#### Instructions for the task
The word "truthy" marks the lines to find; copy every such line from the data below.

#### Supplied records
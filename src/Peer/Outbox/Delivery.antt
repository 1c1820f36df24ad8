-- ===== src/Peer/Outbox/Delivery.antt =====
-- What `sendToPeer` does to the queues and the channels (src/services/PeerService.ts, lines 1300-1355).
pub mod Invariant
pub mod Accounted
pub mod Sent
pub mod Plain
use nonetchat_web.Prelude.{
  String, ◌≡◌, refl, Bool, true, false, Option, none, some, truthy, List, [], ◌∷◌, ◌++◌, Bool-cases,
  inl, inr, ap, ◌∙◌,
}
use nonetchat_web.Prelude.Dict
use nonetchat_web.Prelude.Dict.{get-set_same}
use nonetchat_web.Protocol.{PeerMessage, is_chat}
use nonetchat_web.Peer.State.{Peer, Channel, Frame, QueuedMessage}
use nonetchat_web.Peer.Outbox.{
  after_send, report_sent, delete_persisted_queued_message, store_queue, remove_from, remove_id,
  has_id, push_frame, remove_queued_message,
}

module _ (peer_id queue_id : String) where
  report_sent_keeps :
      (chat : Bool) (s : Peer) (o : Option String)
      → ((report_sent peer_id queue_id chat s o).message_queue ≡ s.message_queue)
        × ((report_sent peer_id queue_id chat s o).data_channels ≡ s.data_channels)
  unfolding delete_persisted_queued_message
  report_sent_keeps chat s none = (refl, refl)
  report_sent_keeps true s (some id) = (refl, refl)
  report_sent_keeps false s (some id) = (refl, refl)

  pub after_send_keeps :
      (m : PeerMessage) (s : Peer)
      → ((after_send peer_id m queue_id s).message_queue ≡ s.message_queue)
        × ((after_send peer_id m queue_id s).data_channels ≡ s.data_channels)
  unfolding after_send
  after_send_keeps m s = report_sent_keeps (is_chat m.kind) s (truthy m.message_id)

module _ (peer_id : String) where
  channels-store_queue :
      (q : List QueuedMessage) (t : Peer)
      → (store_queue peer_id q t).data_channels ≡ t.data_channels
  channels-store_queue [] t = refl
  channels-store_queue (x ∷ xs) t = refl

  channels-remove_queued_message :
      (id : String) (t : Peer)
      → (remove_queued_message peer_id id t).data_channels ≡ t.data_channels
  unfolding remove_queued_message
  channels-remove_queued_message id t = go (Dict.get peer_id t.message_queue)
    where
      go :
          (o : Option (List QueuedMessage))
          → (remove_from peer_id id t o).data_channels ≡ t.data_channels
      go none = refl
      go (some q) = elim (Bool-cases (has_id id q)) [
        | inl here ↦ rw here (channels-store_queue (remove_id id q) t)
        | inr gone ↦ rw gone
      ]

  -- The frame stands on the channel when all is done.
  pub channel-sent :
      (m : PeerMessage) (id : String) (dc : Channel) (f : Frame) (s : Peer)
      → Dict.get peer_id
          (remove_queued_message peer_id id
            (after_send peer_id m id (push_frame peer_id dc f s))).data_channels
        ≡ some (record dc { frames = dc.frames ++ f ∷ [] })
  channel-sent m id dc f s =
      let pushed = push_frame peer_id dc f s in
      ap (Dict.get peer_id) (
        channels-remove_queued_message id (after_send peer_id m id pushed)
        ∙ (after_send_keeps peer_id id m pushed).1)
      ∙ get-set_same peer_id (record dc { frames = dc.frames ++ f ∷ [] }) s.data_channels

#### Answer to this task
  String, ◌≡◌, refl, Bool, true, false, Option, none, some, truthy, List, [], ◌∷◌, ◌++◌, Bool-cases,
  after_send_keeps m s = report_sent_keeps (is_chat m.kind) s (truthy m.message_id)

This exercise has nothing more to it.